From the entries below, transcribe exactly the lines between the line holding "unfolding holds CountsFit" and the line holding "Propagated-Keeps n qs changed _", inclusive; skip all other lines.

[[ Data for this exercise, beginning ]]

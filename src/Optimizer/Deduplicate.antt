-- ===== src/Optimizer/Deduplicate.antt =====
-- `deduplicate_primitives` of libursa/QueryOptimizer.cpp keeps the meaning of a query.
use ursadb.Prelude.{
  ◌≤◌, ◌<◌, ◌≡◌, refl, ap, Bool, true, false, not, ◌&&◌, ◌||◌, List, [], ◌∷◌, arith, some,
  Option-cases, Bool-cases, inl, inr,
}
use ursadb.Core.{IndexType, raw}
use ursadb.Query.Syntax.{
  PrimitiveQuery, less, Query, Queries, literal, ngram, and_of, or_of, nil, cons,
}
use ursadb.Query.Meaning.{holds, all_hold, any_holds, CountsFit, AllFit}
use ursadb.Optimizer.Passes.{contains, primitive_of, deduplicate, deduplicate_primitives}
use ursadb.Optimizer.Optimize.{sizes, measure}
use ursadb.Optimizer.Step.{Keeps, Keeps-refl}
use ursadb.Optimizer.Flatten.{size-pos}

pub raw-injective : (s t : IndexType) → raw s ≡ raw t → s ≡ t
unfolding raw
raw-injective s t h = ground arith

-- `operator<` of `PrimitiveQuery` is a linear order: neither less than the other is equality.
pub eq_of_not_less : (p q : PrimitiveQuery) → less p q ≡ false → less q p ≡ false → p ≡ q
unfolding less
eq_of_not_less p q h k = ground (arith, raw-injective p.itype q.itype)

module _ (has : PrimitiveQuery → Bool) where
  all_seen : List PrimitiveQuery → Bool
  all_seen [] = true
  all_seen (g ∷ gs) = has g && all_seen gs

  any_seen : List PrimitiveQuery → Bool
  any_seen [] = false
  any_seen (g ∷ gs) = has g || any_seen gs

  same_ngram : (p g : PrimitiveQuery) → not (less p g) && not (less g p) ≡ true → has p ≡ has g
  same_ngram p g h = ap has (eq_of_not_less p g (ground arith) (ground arith))

  all_seen-contains :
      (seen : List PrimitiveQuery) (g : PrimitiveQuery)
      → contains seen g ≡ true
      → all_seen seen ≡ true
      → has g ≡ true
  unfolding all_seen contains
  all_seen-contains [] g c h = cc
  all_seen-contains (p ∷ ps) g c h = ground (arith, all_seen-contains ps g, same_ngram p g)

  any_seen-contains :
      (seen : List PrimitiveQuery) (g : PrimitiveQuery)
      → contains seen g ≡ true
      → has g ≡ true
      → any_seen seen ≡ true
  unfolding any_seen contains
  any_seen-contains [] g c h = cc
  any_seen-contains (p ∷ ps) g c h = ground (arith, any_seen-contains ps g, same_ngram p g)

  holds-primitive_of :
      (q : Query) (g : PrimitiveQuery) → primitive_of q ≡ some g → holds has q ≡ has g
  unfolding primitive_of holds
  holds-primitive_of (literal v) g h = ground arith
  holds-primitive_of (ngram g') g h = let e : g' ≡ g = cc in ap has e
  holds-primitive_of q g h = cc

  -- Beside what was seen, the duplicates say nothing new.
  deduplicate-and :
      (qs : Queries) (seen : List PrimitiveQuery) (changed : Bool)
      → (all_seen seen && all_hold has (deduplicate seen qs changed).0)
        ≡ (all_seen seen && all_hold has qs)
  unfolding deduplicate all_hold all_seen
  deduplicate-and nil seen changed = refl
  deduplicate-and (cons q qs) seen changed = elim (Option-cases (primitive_of q)) [
    | inl other ↦ rw (other, deduplicate) (ground (arith, deduplicate-and qs seen changed))
    | inr (g, e) ↦ elim (Bool-cases (contains seen g)) [
      | inl old ↦
          rw (e, old, deduplicate)
            (ground (
              arith,
              holds-primitive_of q g e,
              all_seen-contains seen g old,
              deduplicate-and qs seen true,
            ))
      | inr new ↦
          rw (e, new, deduplicate)
            (ground (arith, holds-primitive_of q g e, deduplicate-and qs (g ∷ seen) changed))
    ]
  ]

  deduplicate-or :
      (qs : Queries) (seen : List PrimitiveQuery) (changed : Bool)
      → (any_seen seen || any_holds has (deduplicate seen qs changed).0)
        ≡ (any_seen seen || any_holds has qs)
  unfolding deduplicate any_holds any_seen
  deduplicate-or nil seen changed = refl
  deduplicate-or (cons q qs) seen changed = elim (Option-cases (primitive_of q)) [
    | inl other ↦ rw (other, deduplicate) (ground (arith, deduplicate-or qs seen changed))
    | inr (g, e) ↦ elim (Bool-cases (contains seen g)) [
      | inl old ↦
          rw (e, old, deduplicate)
            (ground (
              arith,
              holds-primitive_of q g e,
              any_seen-contains seen g old,
              deduplicate-or qs seen true,
            ))
      | inr new ↦
          rw (e, new, deduplicate)
            (ground (arith, holds-primitive_of q g e, deduplicate-or qs (g ∷ seen) changed))
    ]
  ]

module _ (A : PrimitiveQuery → Type 0) where
  -- The size and the counts of what `deduplicate` gives.
  record Shorter (qs : Queries) (changed : Bool) (p : Queries × Bool) : Type 0 where
    fits : AllFit A qs → AllFit A p.0
    shrinks : sizes p.0 ≤ sizes qs
    progress : p.1 ≡ true → changed ≡ false → sizes p.0 < sizes qs

  -- A query is kept in front of what is shorter.
  cons-Shorter :
      (q : Query) (qs : Queries) (changed : Bool) (p : Queries × Bool)
      → Shorter qs changed p
      → Shorter (cons q qs) changed (cons q p.0, p.1)
  unfolding sizes AllFit
  cons-Shorter q qs changed p rest = record {
    fits = λ h. (h.0, rest.fits h.1);
    shrinks = omega (arith, rest.shrinks);
    progress = λ e f. omega (arith, rest.progress e f);
  }

  deduplicate-Shorter :
      (qs : Queries) (seen : List PrimitiveQuery) (changed : Bool)
      → Shorter qs changed (deduplicate seen qs changed)
  unfolding deduplicate sizes AllFit
  deduplicate-Shorter nil seen changed = record {
    fits = λ h. h;
    shrinks = omega arith;
    progress = λ e f. cc;
  }
  deduplicate-Shorter (cons q qs) seen changed = elim (Option-cases (primitive_of q)) [
    | inl other ↦
        rw (other, deduplicate) (cons-Shorter q qs changed _ (deduplicate-Shorter qs seen changed))
    | inr (g, e) ↦ elim (Bool-cases (contains seen g)) [
      | inl old ↦
          let rest = deduplicate-Shorter qs seen true in
          rw (e, old, deduplicate)
            (record {
              fits = λ h. rest.fits h.1;
              shrinks = omega (arith, rest.shrinks);
              progress = λ e f. omega (arith, rest.shrinks, size-pos q);
            })
      | inr new ↦
          rw (e, new, deduplicate)
            (cons-Shorter q qs changed _ (deduplicate-Shorter qs (g ∷ seen) changed))
    ]
  ]

  pub deduplicate-Keeps :
      (q : Query) (changed : Bool) → Keeps A q changed (deduplicate_primitives q changed)
  unfolding deduplicate_primitives holds CountsFit measure all_seen any_seen
  deduplicate-Keeps (and_of qs) changed =
      let shorter = deduplicate-Shorter qs [] changed in
      record {
        meaning = λ h has. deduplicate-and has qs [] changed;
        counts = shorter.fits;
        shrinks = omega (arith, shorter.shrinks);
        progress = λ e f. omega (arith, shorter.progress e f);
      }
  deduplicate-Keeps (or_of qs) changed =
      let shorter = deduplicate-Shorter qs [] changed in
      record {
        meaning = λ h has. deduplicate-or has qs [] changed;
        counts = shorter.fits;
        shrinks = omega (arith, shorter.shrinks);
        progress = λ e f. omega (arith, shorter.progress e f);
      }
  deduplicate-Keeps q changed = Keeps-refl A q changed
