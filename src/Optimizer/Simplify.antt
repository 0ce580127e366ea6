-- ===== src/Optimizer/Simplify.antt =====
-- `simplify_minof` of libursa/QueryOptimizer.cpp keeps the meaning of a query.
use ursadb.Prelude.{◌≤◌, ◌<◌, ◌≡◌, refl, Bool, true, arith, leb, ◌==◌, Bool-cases, inl, inr}
use ursadb.Query.Syntax.{
  PrimitiveQuery, Query, Queries, length, literal, ngram, and_of, or_of, min_of, nil, cons,
}
use ursadb.Query.Meaning.{holds, all_hold, any_holds, number_hold, CountsFit}
use ursadb.Optimizer.Passes.{is_everything, simplify_minof, any_everything}
use ursadb.Optimizer.Optimize.{size, sizes, measure}
use ursadb.Optimizer.Step.{Keeps, Keeps-refl}
use ursadb.Optimizer.Flatten.{size-pos}

module _ (has : PrimitiveQuery → Bool) where
  -- All subqueries hold when the number that holds is theirs, and one when it is not zero.
  number_hold-all :
      (qs : Queries)
      → (number_hold has qs ≤ length qs) × (all_hold has qs ≡ leb (length qs) (number_hold has qs))
  unfolding number_hold all_hold
  number_hold-all nil = ground arith
  number_hold-all (cons q qs) = ground (arith, number_hold-all qs)

  number_hold-any : (qs : Queries) → any_holds has qs ≡ leb 1 (number_hold has qs)
  unfolding number_hold any_holds
  number_hold-any nil = ground arith
  number_hold-any (cons q qs) = ground (arith, number_hold-any qs)

  pub is_everything-holds : (q : Query) → is_everything q ≡ true → holds has q ≡ true
  unfolding is_everything holds all_hold
  is_everything-holds (and_of nil) h = refl
  is_everything-holds q h = cc

  pub any_everything-holds : (qs : Queries) → any_everything qs ≡ true → any_holds has qs ≡ true
  unfolding any_everything any_holds
  any_everything-holds nil h = cc
  any_everything-holds (cons q qs) h =
      ground (arith, is_everything-holds q, any_everything-holds qs)

pub any_everything-size : (qs : Queries) → any_everything qs ≡ true → 0 < sizes qs
unfolding any_everything sizes
any_everything-size nil h = cc
any_everything-size (cons q qs) h = omega (arith, size-pos q)

-- A count of zero, which `simplify_minof` removes, is excluded: it would wrap.
abbrev pub IsCounted : Query → Type 0
IsCounted (min_of n qs) = 0 < n
IsCounted q = Unit

pub simplify-IsCounted : (q : Query) (changed : Bool) → IsCounted (simplify_minof q changed).0
unfolding simplify_minof
simplify-IsCounted (min_of n qs) changed = elim (Bool-cases (n == length qs)) [
  | inl all ↦ rw (all, simplify_minof) tt
  | inr not_all ↦ elim (Bool-cases (n == 1)) [
    | inl one ↦ rw (not_all, one, simplify_minof) tt
    | inr not_one ↦ elim (Bool-cases (n == 0)) [
      | inl none_needed ↦ rw (not_all, not_one, none_needed, simplify_minof) tt
      | inr more ↦ rw (not_all, not_one, more, simplify_minof) (ground arith)
    ]
  ]
]
simplify-IsCounted (literal v) changed = tt
simplify-IsCounted (ngram g) changed = tt
simplify-IsCounted (and_of qs) changed = tt
simplify-IsCounted (or_of qs) changed = tt

module _ (A : PrimitiveQuery → Type 0) where
  pub simplify-Keeps : (q : Query) (changed : Bool) → Keeps A q changed (simplify_minof q changed)
  unfolding simplify_minof holds CountsFit measure size sizes
  simplify-Keeps (min_of n qs) changed = elim (Bool-cases (n == length qs)) [
    | inl all ↦
        rw (all, simplify_minof)
          (record {
            meaning = λ h has. ground (arith, number_hold-all has qs);
            counts = λ h. h.1;
            shrinks = omega arith;
            progress = λ e f. omega arith;
          })
    | inr not_all ↦ elim (Bool-cases (n == 1)) [
      | inl one ↦
          rw (not_all, one, simplify_minof)
            (record {
              meaning = λ h has. ground (arith, number_hold-any has qs);
              counts = λ h. h.1;
              shrinks = omega arith;
              progress = λ e f. omega arith;
            })
      | inr not_one ↦ elim (Bool-cases (n == 0)) [
        | inl none_needed ↦
            rw (not_all, not_one, none_needed, simplify_minof)
              (record {
                meaning = λ h has. ground arith;
                counts = λ h. tt;
                shrinks = omega arith;
                progress = λ e f. omega arith;
              })
        | inr more ↦
            rw (not_all, not_one, more, simplify_minof) (Keeps-refl A (min_of n qs) changed)
      ]
    ]
  ]
  simplify-Keeps q changed = Keeps-refl A q changed
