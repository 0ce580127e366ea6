-- ===== src/Optimizer/Propagate.antt =====
-- `propagate_degenerate_queries` of libursa/QueryOptimizer.cpp keeps the meaning of a query,
-- after `simplify_minof`.
use ursadb.Prelude.{
  ℕ, zero, suc, ◌+◌, ◌≤◌, ◌<◌, ◌^◌, ◌≡◌, refl, Bool, true, false, arith, ◌==◌, Option, none, some,
  Bool-cases, inl, inr,
}
use ursadb.Query.Syntax.{PrimitiveQuery, Query, Queries, or_of, min_of, nil, cons}
use ursadb.Query.Meaning.{holds, all_hold, number_hold, CountsFit, AllFit}
use ursadb.Optimizer.Passes.{
  q_everything, is_everything, simplify_minof, propagate_min, decrement, any_everything,
  propagate_degenerate_queries,
}
use ursadb.Optimizer.Optimize.{size, sizes, measure}
use ursadb.Optimizer.Step.{Keeps, Keeps-refl, Keeps-trans}
use ursadb.Optimizer.Flatten.{size-pos}
use ursadb.Optimizer.Simplify.{
  is_everything-holds, any_everything-holds, any_everything-size, IsCounted, simplify-Keeps,
  simplify-IsCounted,
}

decrement-suc : (count : ℕ) → suc count < 2 ^ 32 → decrement (suc count) ≡ count
unfolding decrement
decrement-suc count h = omega arith

module _ (A : PrimitiveQuery → Type 0) where
  -- What the loop gives is the same question about fewer subqueries: those that it drops hold always.
  record Reduced (count : ℕ) (qs : Queries) (changed : Bool) (count' : ℕ) (qs' : Queries)
      (changed' : Bool) : Type 0 where
    number :
        (has : PrimitiveQuery → Bool) → count + number_hold has qs' ≡ count' + number_hold has qs
    bound : count' ≤ count
    fits : AllFit A qs → AllFit A qs'
    shrinks : sizes qs' ≤ sizes qs
    progress : changed' ≡ true → changed ≡ false → sizes qs' < sizes qs

  abbrev Propagated : ℕ → Queries → Bool → Option (ℕ × Queries) × Bool → Type 0
  Propagated count qs changed (none, changed') =
      (has : PrimitiveQuery → Bool) → count ≤ number_hold has qs
  Propagated count qs changed (some (count', qs'), changed') =
      Reduced count qs changed count' qs' changed'

  keep-Propagated :
      (count : ℕ) (q : Query) (qs : Queries) (changed : Bool) (p : Option (ℕ × Queries) × Bool)
      → Propagated count qs changed p
      → Propagated count
          (cons q qs)
          changed
          (elim p.0 [ none ↦ none | some (count', qs') ↦ some (count', cons q qs') ], p.1)
  unfolding number_hold AllFit sizes
  keep-Propagated count q qs changed (none, changed') h = λ has. omega (arith, h has)
  keep-Propagated count q qs changed (some (count', qs'), changed') h = record {
    number = λ has. omega (arith, h.number has);
    bound = h.bound;
    fits = λ f. (f.0, h.fits f.1);
    shrinks = omega (arith, h.shrinks);
    progress = λ e f. omega (arith, h.progress e f);
  }

  drop-Propagated :
      (count : ℕ) (q : Query) (qs : Queries) (changed : Bool) (p : Option (ℕ × Queries) × Bool)
      → is_everything q ≡ true
      → Propagated count qs true p
      → Propagated (suc count) (cons q qs) changed p
  unfolding number_hold AllFit sizes
  drop-Propagated count q qs changed (none, changed') always h =
      λ has. ground (arith, h has, is_everything-holds has q always)
  drop-Propagated count q qs changed (some (count', qs'), changed') always h = record {
    number = λ has. ground (arith, h.number has, is_everything-holds has q always);
    bound = omega (arith, h.bound);
    fits = λ f. h.fits f.1;
    shrinks = omega (arith, h.shrinks);
    progress = λ e f. omega (arith, h.shrinks, size-pos q);
  }

  propagate_min-Propagated :
      (count : ℕ) (qs : Queries) (changed : Bool)
      → 0 < count
      → count < 2 ^ 32
      → Propagated count qs changed (propagate_min count qs changed)
  unfolding number_hold propagate_min
  propagate_min-Propagated zero qs changed pos small = absurd (omega arith)
  propagate_min-Propagated count nil changed pos small = record {
    number = λ has. refl;
    bound = omega arith;
    fits = λ f. f;
    shrinks = omega arith;
    progress = λ e f. cc;
  }
  propagate_min-Propagated (suc count) (cons q qs) changed pos small =
      elim (Bool-cases (is_everything q)) [
        | inr kept ↦
            rw (kept, propagate_min)
              (keep-Propagated (suc count) q qs changed _
                (propagate_min-Propagated (suc count) qs changed pos small))
        | inl always ↦ elim (Bool-cases (count == 0)) [
          | inl last ↦
              rw (always, propagate_min)
                (rw (decrement-suc count small)
                  (rw (last) (λ has. ground (arith, is_everything-holds has q always))))
          | inr more ↦
              let rest = propagate_min-Propagated count qs true (ground arith) (omega arith) in
              rw (always, propagate_min)
                (rw (decrement-suc count small) (
                  rw (more) (
                    rw (decrement-suc count small)
                      (drop-Propagated count q qs changed _ always rest))))
        ]
      ]

  -- The MIN_OF, or the query for everything, that the loop's outcome stands for.
  Propagated-Keeps :
      (n : ℕ) (qs : Queries) (changed : Bool) (p : Option (ℕ × Queries) × Bool)
      → Propagated n qs changed p
      → Keeps A
          (min_of n qs)
          changed
          (elim p.0 [ none ↦ q_everything | some (count, qs') ↦ min_of count qs' ], p.1)
  unfolding holds CountsFit measure size sizes all_hold
  Propagated-Keeps n qs changed (none, changed') h = record {
    meaning = λ f has. ground (arith, h has);
    counts = λ f. tt;
    shrinks = omega arith;
    progress = λ e f. omega arith;
  }
  Propagated-Keeps n qs changed (some (count, qs'), changed') h = record {
    meaning = λ f has. ground (arith, h.number has);
    counts = λ f. (omega (arith, h.bound), h.fits f.1);
    shrinks = omega (arith, h.shrinks);
    progress = λ e f. omega (arith, h.progress e f);
  }

  propagate-Keeps :
      (q : Query) (changed : Bool)
      → IsCounted q
      → CountsFit A q
      → Keeps A q changed (propagate_degenerate_queries q changed)
  unfolding propagate_degenerate_queries holds CountsFit measure size sizes
  propagate-Keeps (min_of n qs) changed counted fits =
      Propagated-Keeps n qs changed _
        (propagate_min-Propagated n qs changed counted (omega (arith, fits.0)))
  propagate-Keeps (or_of qs) changed counted fits = elim (Bool-cases (any_everything qs)) [
    | inl always ↦
        rw (always, propagate_degenerate_queries)
          (record {
            meaning = λ f has. ground (arith, any_everything-holds has qs always);
            counts = λ f. tt;
            shrinks = omega arith;
            progress = λ e f. omega (arith, any_everything-size qs always);
          })
    | inr never ↦ rw (never, propagate_degenerate_queries) (Keeps-refl A (or_of qs) changed)
  ]
  propagate-Keeps q changed counted fits = Keeps-refl A q changed

  -- The two passes one after the other.
  pub minof-Keeps :
      (q : Query) (changed : Bool)
      → CountsFit A q
      → Keeps A q changed
          (propagate_degenerate_queries (simplify_minof q changed).0 (simplify_minof q changed).1)
  minof-Keeps q changed fits =
      let simpler = simplify-Keeps A q changed in
      Keeps-trans A simpler
        (propagate-Keeps _ _ (simplify-IsCounted q changed) (simpler.counts fits))
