-- ===== src/Api/Meta.antt =====
-- The Kubernetes metadata and conditions that the custom resources carry (k8s.io/apimachinery and
-- k8s.io/api), with the constants of api/v1beta2/brokercluster_types.go.
use activemq_artemis_operato.Base.{Bool, true, false, ℕ, String, List, Option, ℤ}

-- `metav1.ObjectMeta`; a time is present or not.
pub record ObjectMeta : Type 0 where
  pub name : String
  pub namespace : String
  pub generation : ℕ
  pub deletion_timestamp : Option String
  pub labels : List (String × String)

pub data ConditionStatus : Type 0 where
  status_true status_false status_unknown : ConditionStatus

pub ConditionStatus-discrete : Discrete ConditionStatus
ConditionStatus-discrete = hlevel

abbrev pub is_status_true : ConditionStatus → Bool
is_status_true status_true = true
is_status_true status_false = false
is_status_true status_unknown = false

abbrev pub is_status_false : ConditionStatus → Bool
is_status_false status_true = false
is_status_false status_false = true
is_status_false status_unknown = false

-- `metav1.Condition` without the time of the last transition.
pub record Condition : Type 0 where
  pub type : String
  pub status : ConditionStatus
  pub observed_generation : ℕ
  pub reason : String
  pub message : String

-- `metav1.LabelSelector`.
pub record LabelSelector : Type 0 where
  pub match_labels : List (String × String)
  pub match_expressions : List (String × String × List String)

-- `resource.Quantity`: what `Value` returns, an int64, and what `String` prints.
pub record Quantity : Type 0 where
  pub value : ℤ
  pub printed : String

-- `corev1.ResourceRequirements`: what `Limits.Memory()` and `Requests.Memory()` return.
pub record ResourceRequirements : Type 0 where
  pub limits_memory : Option Quantity
  pub requests_memory : Option Quantity

abbrev pub deployed_condition_type : String
deployed_condition_type = "Deployed"

abbrev pub valid_condition_type : String
valid_condition_type = "Valid"

abbrev pub ready_condition_type : String
ready_condition_type = "Ready"

-- The reasons of the Deployed condition.
abbrev pub validation_failed_reason : String
validation_failed_reason = "ValidationFailed"

abbrev pub crud_kind_error_reason : String
crud_kind_error_reason = "ResourceError"

abbrev pub no_matching_service_reason : String
no_matching_service_reason = "NoMatchingService"

abbrev pub no_service_capacity_reason : String
no_service_capacity_reason = "NoServiceCapacity"

abbrev pub matched_service_not_found_reason : String
matched_service_not_found_reason = "MatchedServiceNotFound"

abbrev pub provisioning_pending_reason : String
provisioning_pending_reason = "ProvisioningPending"

abbrev pub provisioned_reason : String
provisioned_reason = "Provisioned"

abbrev pub selector_evaluation_error : String
selector_evaluation_error = "AppSelectorEvaluationError"

abbrev pub deployed_not_ready_reason : String
deployed_not_ready_reason = "PodsNotReady"

abbrev pub apps_provisioned_condition_type : String
apps_provisioned_condition_type = "AppsProvisioned"

abbrev pub apps_synced_reason : String
apps_synced_reason = "Synced"

abbrev pub apps_waiting_reason : String
apps_waiting_reason = "WaitingForBroker"

abbrev pub apps_not_ready_reason : String
apps_not_ready_reason = "BrokerNotReady"

-- The reasons of the Valid condition.
abbrev pub valid_success_reason : String
valid_success_reason = "ValidationSucceded"

abbrev pub invalid_resource_name : String
invalid_resource_name = "InvalidResourceName"

abbrev pub address_type_error : String
address_type_error = "AddressTypeError"

abbrev pub spec_selector_error : String
spec_selector_error = "SpecSelectorError"

-- The reasons of the Ready condition.
abbrev pub ready_reason : String
ready_reason = "ResourceReady"

abbrev pub not_ready_reason : String
not_ready_reason = "WaitingForAllConditions"
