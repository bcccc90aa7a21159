-- ===== src/Api/App.antt =====
-- api/v1beta2/brokerapp_types.go: an application's addresses, capabilities and binding.
use activemq_artemis_operato.Base.{ℕ, String, List, Option, Bool, concat, ◌∷◌, []}
use activemq_artemis_operato.Api.Meta.{ObjectMeta, Condition, LabelSelector, ResourceRequirements}

pub record AddressType : Type 0 where
  pub address : String
  pub pub_sub : Option Bool
  pub subscriptions : List String

pub record AddressRef : Type 0 where
  pub address : String
  pub app_namespace : String
  pub app_name : String
  pub pub_sub : Option Bool
  pub subscriptions : List String

pub record AppCapabilityType : Type 0 where
  pub producer_of : List AddressRef
  pub consumer_of : List AddressRef

pub record BrokerAppSpec : Type 0 where
  pub service_selector : Option LabelSelector
  pub addresses : List AddressType
  pub shared_addresses : List AddressType
  pub capabilities : List AppCapabilityType
  pub resources : ResourceRequirements

-- The assigned port is 0 while none is assigned.
pub record BrokerServiceBindingStatus : Type 0 where
  pub name : String
  pub namespace : String
  pub secret : String
  pub assigned_port : ℕ

-- `Key` of a binding.
unfoldable pub binding_key : BrokerServiceBindingStatus → String
binding_key s = concat (s.namespace ∷ ":" ∷ s.name ∷ [])

pub record BrokerAppStatus : Type 0 where
  pub observed_generation : ℕ
  pub conditions : List Condition
  pub service : Option BrokerServiceBindingStatus

pub record BrokerApp : Type 0 where
  pub metadata : ObjectMeta
  pub open metadata use *
  pub spec : BrokerAppSpec
  pub status : BrokerAppStatus
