-- ===== src/Api/Service.antt =====
-- api/v1beta2/brokerservice_types.go: a service that applications are bound to.
use activemq_artemis_operato.Base.{String, List, Bool, Option}
use activemq_artemis_operato.Api.Meta.{ObjectMeta, Condition, ResourceRequirements}

-- An environment variable is a name with its value.
pub record BrokerServiceSpec : Type 0 where
  pub image : Option String
  pub env : List (String × String)
  pub resources : ResourceRequirements
  pub app_selector_expression : String

pub record RejectedApp : Type 0 where
  pub name : String
  pub namespace : String
  pub reason : String

pub record BrokerServiceStatus : Type 0 where
  pub conditions : List Condition
  pub provisioned_apps : List String
  pub rejected_apps : List RejectedApp

pub record BrokerService : Type 0 where
  pub metadata : ObjectMeta
  pub open metadata use *
  pub spec : BrokerServiceSpec
  pub status : BrokerServiceStatus

-- What a service writes of the spec of its broker, of api/v1beta2/broker_types.go.
pub record BrokerSpec : Type 0 where
  pub image : String
  pub persistence_enabled : Bool
  pub labels : List (String × String)
  pub env : List (String × String)
  pub resources : ResourceRequirements
  pub extra_mount_secrets : List String

-- A configuration that the broker has applied, with the version of its secret.
pub record ExternalConfigStatus : Type 0 where
  pub name : String
  pub resource_version : String

-- What it reads of the broker's status.
pub record BrokerStatus : Type 0 where
  pub conditions : List Condition
  pub external_configs : List ExternalConfigStatus
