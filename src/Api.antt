-- ===== src/Api.antt =====
-- The custom resources of api/v1beta2, as far as the controllers of this library read them.
mod Meta
mod App
mod Service
pub use Meta.*
unfoldable pub use App.*
pub use Service.*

[[ Data for this exercise, end ]]

→ Task response
  unfolding holds CountsFit measure size sizes all_hold
  Propagated-Keeps n qs changed (none, changed') h = record {
    meaning = λ f has. ground (arith, h has);
    counts = λ f. tt;
    shrinks = omega arith;
    progress = λ e f. omega arith;
  }
  Propagated-Keeps n qs changed (some (count, qs'), changed') h = record {
    meaning = λ f has. ground (arith, h.number has);
    counts = λ f. (omega (arith, h.bound), h.fits f.1);
    shrinks = omega (arith, h.shrinks);
    progress = λ e f. omega (arith, h.progress e f);
  }

  propagate-Keeps :
      (q : Query) (changed : Bool)
      → IsCounted q
      → CountsFit A q
      → Keeps A q changed (propagate_degenerate_queries q changed)
  unfolding propagate_degenerate_queries holds CountsFit measure size sizes
  propagate-Keeps (min_of n qs) changed counted fits =
      Propagated-Keeps n qs changed _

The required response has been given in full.